あれだけ出来なかったことが、彼に十分ほぐされて安心する雰囲気の中で、もう半分も挿入できたのだ。
感情に押されて彼に抱きつき密着する。
「んっ? おおっ? まって名無しちゃん、」
「ヴィクトルは、大丈夫⋯?」
呼吸を繰り返し、大きな圧迫感に耐えながら尋ねる。
すると彼は薄っすらこめかみに汗がにじんでいたが、にこりと微笑んだ。
「ん⋯⋯? 俺は気持ちいい⋯よ。

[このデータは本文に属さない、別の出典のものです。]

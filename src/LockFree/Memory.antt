-- ===== src/LockFree/Memory.antt =====
-- The shared memory of the lock-free filter, one atomic access to it, and programs that run alone.
use lock_free_cuckoo_filter.Prelude.{
  ℕ, ◌+◌, true, false, Option, none, some, List, [], ◌∷◌, ◌++◌, get_or, set, replicate, ltb, ◌^◌,
  ◌==◌, if◌then◌else◌,
}
use lock_free_cuckoo_filter.Common.{num_items_per_entry}
use lock_free_cuckoo_filter.Pointer.{TablePointer}
use lock_free_cuckoo_filter.Table.{Fingerprint}
use lock_free_cuckoo_filter.LockFree.Program.{
  Address, Program, done, aborted, out_of_fuel, reading, comparing, marking, dereferencing,
  allocating, retiring,
}

-- `MAX_HAZARD_POINTER_COUNT`
abbrev pub max_hazard_pointer_count : ℕ
max_hazard_pointer_count = 2

-- The members that the threads share, and the heap of entries: `heap p` is the `str` of the entry at
-- `p`. Entries are allocated upwards from `fresh`, 32 bytes each, while addresses of 48 bits last;
-- after that `new` throws, which ends the thread.
pub record Memory : Type 0 where
  pub hash_table : List (List TablePointer)
  pub hazard_ptrs : List (List Address)
  pub retired_ptrs : List (List Address)
  pub heap : Address → Option Fingerprint
  pub fresh : Address

-- The constructors, after the test of the capacity. Their memory is zeroed.
unfoldable pub new_memory : ℕ → ℕ → Memory
new_memory table_size thread_count = record {
  hash_table = replicate table_size (replicate num_items_per_entry 0);
  hazard_ptrs = replicate thread_count (replicate max_hazard_pointer_count 0);
  retired_ptrs = replicate thread_count [];
  heap = λ p. none;
  fresh = 32;
}

unfoldable pub word_at : Memory → ℕ → ℕ → TablePointer
word_at m b i = get_or (get_or m.hash_table b []) i 0

unfoldable pub store_word : Memory → ℕ → ℕ → TablePointer → Memory
store_word m b i w = record m {
  hash_table = set m.hash_table b (set (get_or m.hash_table b []) i w);
}

unfoldable pub store_hazard : Memory → Address → ℕ → ℕ → Memory
store_hazard m p index tid = record m {
  hazard_ptrs = set m.hazard_ptrs tid (set (get_or m.hazard_ptrs tid []) index p);
}

unfoldable pub push_retired : Memory → Address → ℕ → Memory
push_retired m p tid = record m {
  retired_ptrs = set m.retired_ptrs tid (get_or m.retired_ptrs tid [] ++ p ∷ []);
}

unfoldable pub allocate : Memory → Fingerprint → Memory
allocate m s = record m {
  heap = λ p. if p == m.fresh then some s else m.heap p;
  fresh = m.fresh + 32;
}

-- One atomic access of a thread.
pub data Progress (A : Type 0) : Type 0 where
  stopped : Progress A  -- the program has ended, by a result or otherwise
  faulted : Progress A  -- a null or dangling pointer was dereferenced
  moved : Memory → Program A → Progress A

unfoldable pub advance : {A : Type 0} → Memory → Program A → Progress A
unfolding word_at store_word store_hazard push_retired allocate
advance m (done a) = stopped
advance m aborted = stopped
advance m out_of_fuel = stopped
advance m (reading b i k) = moved m (k (word_at m b i))
advance m (comparing b i expected desired k) =
    if word_at m b i == expected
    then moved (store_word m b i desired) (k true)
    else moved m (k false)
advance m (marking p index tid k) = moved (store_hazard m p index tid) k
advance m (dereferencing p k) = elim (m.heap p) [ none ↦ faulted | some s ↦ moved m (k s) ]
advance m (allocating s k) =
    if ltb m.fresh (2 ^ 48) then moved (allocate m s) (k m.fresh) else stopped
advance m (retiring p tid k) = moved (push_retired m p tid) k

-- How a program that runs alone ends.
pub data Outcome (A : Type 0) : Type 0 where
  returned : A → Memory → Outcome A
  abort : Memory → Outcome A
  unfinished : Memory → Outcome A
  fault : Outcome A

unfoldable pub run : {A : Type 0} → Program A → Memory → Outcome A
unfolding word_at store_word store_hazard push_retired allocate
run (done a) m = returned a m
run aborted m = abort m
run out_of_fuel m = unfinished m
run (reading b i k) m = run (k (word_at m b i)) m
run (comparing b i expected desired k) m =
    let kept = run (k false) m in
    let swapped = run (k true) (store_word m b i desired) in
    if word_at m b i == expected then swapped else kept
run (marking p index tid k) m = run k (store_hazard m p index tid)
run (dereferencing p k) m = elim (m.heap p) [ none ↦ fault | some s ↦ run (k s) m ]
run (allocating s k) m =
    let allocated = run (k m.fresh) (allocate m s) in
    if ltb m.fresh (2 ^ 48) then allocated else abort m
run (retiring p tid k) m = run k (push_retired m p tid)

すごくきついな⋯名無しちゃんの中」
そう明かして照れたように微笑む。
彼はその後、とてもゆっくり大部分が挿入できるまで進んでくれて、馴染むまで動かないでいてくれた。
それがかなり長くても、じっと待ってくれている。
「んあ⋯⋯あぁ⋯⋯」
あなたは浅く息をし、徐々に変化が現れ始める。
両手をつく彼の腰がわずかに前へ揺れてしまったとき、あなたはびくんと下半身を跳ねさせた。
「ああっ!」
「うわっ、ごめんね、大丈夫かい?」
焦った彼は囲んでいた手の片方を外し、あなたの汗ばんだ額の髪をそっと梳いてくれる。
きゅんとして、彼への気持ちが湧き上がってきた。
もうどうなってもいい。どんなふうに激しくされても、愛おしく感じるだろう。
性愛と恋する気持ちのようなものが混ざりあっていく。